> _ACTIVITY_
From the records below, please repeat exactly the line that has "(put_loop-IsEngine e slot t", the line that has "unfolding IsGentle set_loop_gain", and every line between them, and nothing else.

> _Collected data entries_

___

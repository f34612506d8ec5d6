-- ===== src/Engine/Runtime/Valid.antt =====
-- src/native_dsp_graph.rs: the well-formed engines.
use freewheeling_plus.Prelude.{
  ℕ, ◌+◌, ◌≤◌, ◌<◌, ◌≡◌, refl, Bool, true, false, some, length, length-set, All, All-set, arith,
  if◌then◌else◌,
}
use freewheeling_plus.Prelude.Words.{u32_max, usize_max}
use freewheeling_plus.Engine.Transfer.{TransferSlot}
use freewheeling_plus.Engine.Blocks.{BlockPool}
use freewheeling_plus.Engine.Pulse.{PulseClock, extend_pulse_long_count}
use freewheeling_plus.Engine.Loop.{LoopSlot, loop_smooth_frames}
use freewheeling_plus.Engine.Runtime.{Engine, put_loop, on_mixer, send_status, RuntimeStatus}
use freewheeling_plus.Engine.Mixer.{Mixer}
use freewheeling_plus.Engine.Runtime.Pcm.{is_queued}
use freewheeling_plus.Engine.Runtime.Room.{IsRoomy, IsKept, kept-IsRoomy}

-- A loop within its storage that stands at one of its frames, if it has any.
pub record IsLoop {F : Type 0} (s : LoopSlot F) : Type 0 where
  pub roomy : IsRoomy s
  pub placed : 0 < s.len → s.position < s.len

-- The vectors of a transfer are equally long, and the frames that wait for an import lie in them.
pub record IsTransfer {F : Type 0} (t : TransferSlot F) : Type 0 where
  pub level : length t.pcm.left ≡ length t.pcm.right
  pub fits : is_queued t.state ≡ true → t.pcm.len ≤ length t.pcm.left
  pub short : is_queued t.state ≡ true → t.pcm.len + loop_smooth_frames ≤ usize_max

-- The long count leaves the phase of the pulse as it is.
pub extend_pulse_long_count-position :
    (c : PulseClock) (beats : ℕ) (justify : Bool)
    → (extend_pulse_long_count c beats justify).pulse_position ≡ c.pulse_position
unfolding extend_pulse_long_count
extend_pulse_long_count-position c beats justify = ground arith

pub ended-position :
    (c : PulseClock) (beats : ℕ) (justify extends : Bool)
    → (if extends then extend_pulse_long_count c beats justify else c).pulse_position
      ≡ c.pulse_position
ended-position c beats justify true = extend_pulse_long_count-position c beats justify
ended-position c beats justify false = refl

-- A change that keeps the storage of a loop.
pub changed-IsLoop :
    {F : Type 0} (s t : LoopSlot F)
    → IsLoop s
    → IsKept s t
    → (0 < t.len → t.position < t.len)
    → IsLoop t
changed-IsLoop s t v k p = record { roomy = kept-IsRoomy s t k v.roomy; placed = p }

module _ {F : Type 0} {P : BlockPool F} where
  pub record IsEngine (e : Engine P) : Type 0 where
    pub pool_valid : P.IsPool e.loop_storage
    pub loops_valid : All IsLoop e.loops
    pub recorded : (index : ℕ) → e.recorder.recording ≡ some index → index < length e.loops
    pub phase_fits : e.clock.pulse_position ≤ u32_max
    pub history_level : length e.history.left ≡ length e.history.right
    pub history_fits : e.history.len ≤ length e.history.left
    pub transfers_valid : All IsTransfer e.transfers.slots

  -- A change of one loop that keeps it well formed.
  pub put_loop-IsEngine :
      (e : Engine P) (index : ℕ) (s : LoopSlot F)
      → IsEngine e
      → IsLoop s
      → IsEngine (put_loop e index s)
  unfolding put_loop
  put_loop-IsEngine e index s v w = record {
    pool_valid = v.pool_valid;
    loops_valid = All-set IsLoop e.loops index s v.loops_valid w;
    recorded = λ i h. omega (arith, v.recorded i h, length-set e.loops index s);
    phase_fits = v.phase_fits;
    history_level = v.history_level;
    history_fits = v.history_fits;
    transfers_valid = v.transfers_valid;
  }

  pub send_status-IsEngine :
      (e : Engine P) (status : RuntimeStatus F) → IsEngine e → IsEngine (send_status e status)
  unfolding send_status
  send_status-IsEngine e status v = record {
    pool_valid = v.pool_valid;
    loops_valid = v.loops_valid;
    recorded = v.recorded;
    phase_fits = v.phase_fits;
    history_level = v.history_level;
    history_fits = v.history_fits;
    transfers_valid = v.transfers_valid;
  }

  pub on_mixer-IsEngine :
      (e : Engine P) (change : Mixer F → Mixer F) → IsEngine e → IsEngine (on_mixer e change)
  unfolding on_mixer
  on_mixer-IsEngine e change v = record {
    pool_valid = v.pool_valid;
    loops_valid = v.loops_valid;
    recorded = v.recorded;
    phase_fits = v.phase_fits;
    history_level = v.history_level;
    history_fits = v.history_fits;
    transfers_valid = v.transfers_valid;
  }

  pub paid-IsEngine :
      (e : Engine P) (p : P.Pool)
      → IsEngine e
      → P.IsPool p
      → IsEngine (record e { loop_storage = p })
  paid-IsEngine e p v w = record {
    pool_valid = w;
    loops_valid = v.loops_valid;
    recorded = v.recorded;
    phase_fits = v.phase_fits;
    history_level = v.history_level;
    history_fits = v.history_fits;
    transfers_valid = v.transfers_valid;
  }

___

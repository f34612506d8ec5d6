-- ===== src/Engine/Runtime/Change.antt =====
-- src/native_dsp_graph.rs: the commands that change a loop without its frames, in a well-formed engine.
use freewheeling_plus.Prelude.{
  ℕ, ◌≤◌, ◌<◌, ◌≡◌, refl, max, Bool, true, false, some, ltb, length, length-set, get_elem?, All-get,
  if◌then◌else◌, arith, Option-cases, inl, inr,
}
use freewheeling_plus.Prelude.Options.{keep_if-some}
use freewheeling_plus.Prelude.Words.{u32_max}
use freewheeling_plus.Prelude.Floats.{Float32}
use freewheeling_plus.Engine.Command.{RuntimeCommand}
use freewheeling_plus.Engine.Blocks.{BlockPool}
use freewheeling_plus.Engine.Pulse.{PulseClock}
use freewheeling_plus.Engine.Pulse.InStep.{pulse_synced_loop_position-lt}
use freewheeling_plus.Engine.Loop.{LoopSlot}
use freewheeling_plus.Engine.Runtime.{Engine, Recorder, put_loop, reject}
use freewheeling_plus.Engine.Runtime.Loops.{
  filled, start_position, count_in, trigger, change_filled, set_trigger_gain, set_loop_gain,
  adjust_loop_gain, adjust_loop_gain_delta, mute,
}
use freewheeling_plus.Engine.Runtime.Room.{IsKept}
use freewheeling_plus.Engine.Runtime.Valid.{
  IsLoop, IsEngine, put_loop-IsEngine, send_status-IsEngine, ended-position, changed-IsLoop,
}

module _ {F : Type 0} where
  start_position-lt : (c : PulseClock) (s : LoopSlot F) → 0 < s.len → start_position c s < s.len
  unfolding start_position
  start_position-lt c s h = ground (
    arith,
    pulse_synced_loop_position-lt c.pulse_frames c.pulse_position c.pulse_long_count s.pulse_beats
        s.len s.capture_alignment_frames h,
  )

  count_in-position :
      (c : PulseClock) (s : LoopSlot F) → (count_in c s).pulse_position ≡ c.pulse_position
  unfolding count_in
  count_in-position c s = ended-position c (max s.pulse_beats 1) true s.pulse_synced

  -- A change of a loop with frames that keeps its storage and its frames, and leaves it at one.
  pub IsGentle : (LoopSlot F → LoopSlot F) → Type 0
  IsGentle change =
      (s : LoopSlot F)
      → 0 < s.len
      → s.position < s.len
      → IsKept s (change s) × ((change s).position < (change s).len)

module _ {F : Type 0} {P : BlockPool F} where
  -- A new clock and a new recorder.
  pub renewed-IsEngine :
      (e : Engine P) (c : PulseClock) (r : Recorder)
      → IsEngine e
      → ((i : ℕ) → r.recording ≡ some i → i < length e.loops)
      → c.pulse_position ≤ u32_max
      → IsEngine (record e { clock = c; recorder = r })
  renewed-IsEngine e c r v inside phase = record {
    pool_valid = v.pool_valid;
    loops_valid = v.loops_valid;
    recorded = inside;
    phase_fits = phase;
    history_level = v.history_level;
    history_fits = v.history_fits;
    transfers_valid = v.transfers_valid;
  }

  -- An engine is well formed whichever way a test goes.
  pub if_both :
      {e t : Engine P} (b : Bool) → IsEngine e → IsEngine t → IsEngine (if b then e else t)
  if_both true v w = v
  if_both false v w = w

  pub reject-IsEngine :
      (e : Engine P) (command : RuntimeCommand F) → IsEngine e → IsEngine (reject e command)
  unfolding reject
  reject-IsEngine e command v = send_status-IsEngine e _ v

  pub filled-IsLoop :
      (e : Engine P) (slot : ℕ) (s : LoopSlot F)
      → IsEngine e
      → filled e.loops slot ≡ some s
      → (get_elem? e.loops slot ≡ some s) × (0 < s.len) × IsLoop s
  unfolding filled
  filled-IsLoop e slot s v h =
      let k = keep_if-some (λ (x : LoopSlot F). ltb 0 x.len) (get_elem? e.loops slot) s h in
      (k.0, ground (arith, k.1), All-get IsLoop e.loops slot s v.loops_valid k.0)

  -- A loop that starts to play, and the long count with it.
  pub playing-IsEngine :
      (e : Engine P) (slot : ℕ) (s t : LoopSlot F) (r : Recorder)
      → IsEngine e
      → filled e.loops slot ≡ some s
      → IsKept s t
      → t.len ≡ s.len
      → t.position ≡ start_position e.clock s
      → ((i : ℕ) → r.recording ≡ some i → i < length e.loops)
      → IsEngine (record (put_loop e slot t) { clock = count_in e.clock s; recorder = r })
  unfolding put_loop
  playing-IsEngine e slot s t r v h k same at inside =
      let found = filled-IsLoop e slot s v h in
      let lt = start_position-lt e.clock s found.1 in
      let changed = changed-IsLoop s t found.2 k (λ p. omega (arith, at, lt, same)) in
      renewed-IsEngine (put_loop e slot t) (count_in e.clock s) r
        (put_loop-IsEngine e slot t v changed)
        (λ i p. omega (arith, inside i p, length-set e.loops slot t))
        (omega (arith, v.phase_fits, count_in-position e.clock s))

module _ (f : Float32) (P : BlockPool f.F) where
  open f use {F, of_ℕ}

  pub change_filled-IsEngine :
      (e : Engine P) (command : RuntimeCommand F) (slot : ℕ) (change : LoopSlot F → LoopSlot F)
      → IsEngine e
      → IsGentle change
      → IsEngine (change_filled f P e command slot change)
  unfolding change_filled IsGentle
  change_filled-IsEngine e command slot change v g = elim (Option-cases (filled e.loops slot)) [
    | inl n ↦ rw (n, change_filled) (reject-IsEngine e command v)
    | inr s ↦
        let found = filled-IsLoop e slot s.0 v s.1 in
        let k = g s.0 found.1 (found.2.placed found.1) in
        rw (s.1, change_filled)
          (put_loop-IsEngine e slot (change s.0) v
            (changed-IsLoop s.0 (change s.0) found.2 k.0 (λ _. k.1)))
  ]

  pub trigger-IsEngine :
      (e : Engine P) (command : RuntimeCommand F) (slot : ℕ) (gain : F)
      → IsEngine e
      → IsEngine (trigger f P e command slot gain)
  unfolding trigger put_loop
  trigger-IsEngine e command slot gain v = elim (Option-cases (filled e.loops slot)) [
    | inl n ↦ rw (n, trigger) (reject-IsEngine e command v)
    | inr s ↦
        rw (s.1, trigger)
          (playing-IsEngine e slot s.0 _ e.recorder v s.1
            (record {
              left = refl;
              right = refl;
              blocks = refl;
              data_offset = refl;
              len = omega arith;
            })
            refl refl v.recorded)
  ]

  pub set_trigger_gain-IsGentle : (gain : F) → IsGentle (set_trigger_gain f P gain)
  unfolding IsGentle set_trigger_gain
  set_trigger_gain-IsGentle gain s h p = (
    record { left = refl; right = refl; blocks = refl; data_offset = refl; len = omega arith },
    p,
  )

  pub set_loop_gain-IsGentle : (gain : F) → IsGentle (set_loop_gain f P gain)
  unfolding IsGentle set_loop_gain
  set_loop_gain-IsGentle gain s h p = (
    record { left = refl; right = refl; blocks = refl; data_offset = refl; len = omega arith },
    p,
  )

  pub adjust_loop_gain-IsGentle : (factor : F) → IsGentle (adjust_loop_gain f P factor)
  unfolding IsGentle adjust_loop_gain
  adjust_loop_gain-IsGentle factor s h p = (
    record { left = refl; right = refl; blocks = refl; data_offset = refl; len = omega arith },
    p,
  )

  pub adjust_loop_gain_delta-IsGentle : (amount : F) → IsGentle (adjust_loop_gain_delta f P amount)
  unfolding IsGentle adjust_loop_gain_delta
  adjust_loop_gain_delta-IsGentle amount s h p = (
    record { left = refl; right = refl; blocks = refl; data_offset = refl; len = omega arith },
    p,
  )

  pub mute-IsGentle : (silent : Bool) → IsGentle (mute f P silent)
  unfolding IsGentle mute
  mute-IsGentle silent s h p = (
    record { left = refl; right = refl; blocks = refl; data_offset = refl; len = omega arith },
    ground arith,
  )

___

> _ANSWER_
        (put_loop-IsEngine e slot t v changed)
        (λ i p. omega (arith, inside i p, length-set e.loops slot t))
        (omega (arith, v.phase_fits, count_in-position e.clock s))

module _ (f : Float32) (P : BlockPool f.F) where
  open f use {F, of_ℕ}

  pub change_filled-IsEngine :
      (e : Engine P) (command : RuntimeCommand F) (slot : ℕ) (change : LoopSlot F → LoopSlot F)
      → IsEngine e
      → IsGentle change
      → IsEngine (change_filled f P e command slot change)
  unfolding change_filled IsGentle
  change_filled-IsEngine e command slot change v g = elim (Option-cases (filled e.loops slot)) [
    | inl n ↦ rw (n, change_filled) (reject-IsEngine e command v)
    | inr s ↦
        let found = filled-IsLoop e slot s.0 v s.1 in
        let k = g s.0 found.1 (found.2.placed found.1) in
        rw (s.1, change_filled)
          (put_loop-IsEngine e slot (change s.0) v
            (changed-IsLoop s.0 (change s.0) found.2 k.0 (λ _. k.1)))
  ]

  pub trigger-IsEngine :
      (e : Engine P) (command : RuntimeCommand F) (slot : ℕ) (gain : F)
      → IsEngine e
      → IsEngine (trigger f P e command slot gain)
  unfolding trigger put_loop
  trigger-IsEngine e command slot gain v = elim (Option-cases (filled e.loops slot)) [
    | inl n ↦ rw (n, trigger) (reject-IsEngine e command v)
    | inr s ↦
        rw (s.1, trigger)
          (playing-IsEngine e slot s.0 _ e.recorder v s.1
            (record {
              left = refl;
              right = refl;
              blocks = refl;
              data_offset = refl;
              len = omega arith;
            })
            refl refl v.recorded)
  ]

  pub set_trigger_gain-IsGentle : (gain : F) → IsGentle (set_trigger_gain f P gain)
  unfolding IsGentle set_trigger_gain
  set_trigger_gain-IsGentle gain s h p = (
    record { left = refl; right = refl; blocks = refl; data_offset = refl; len = omega arith },
    p,
  )

  pub set_loop_gain-IsGentle : (gain : F) → IsGentle (set_loop_gain f P gain)
  unfolding IsGentle set_loop_gain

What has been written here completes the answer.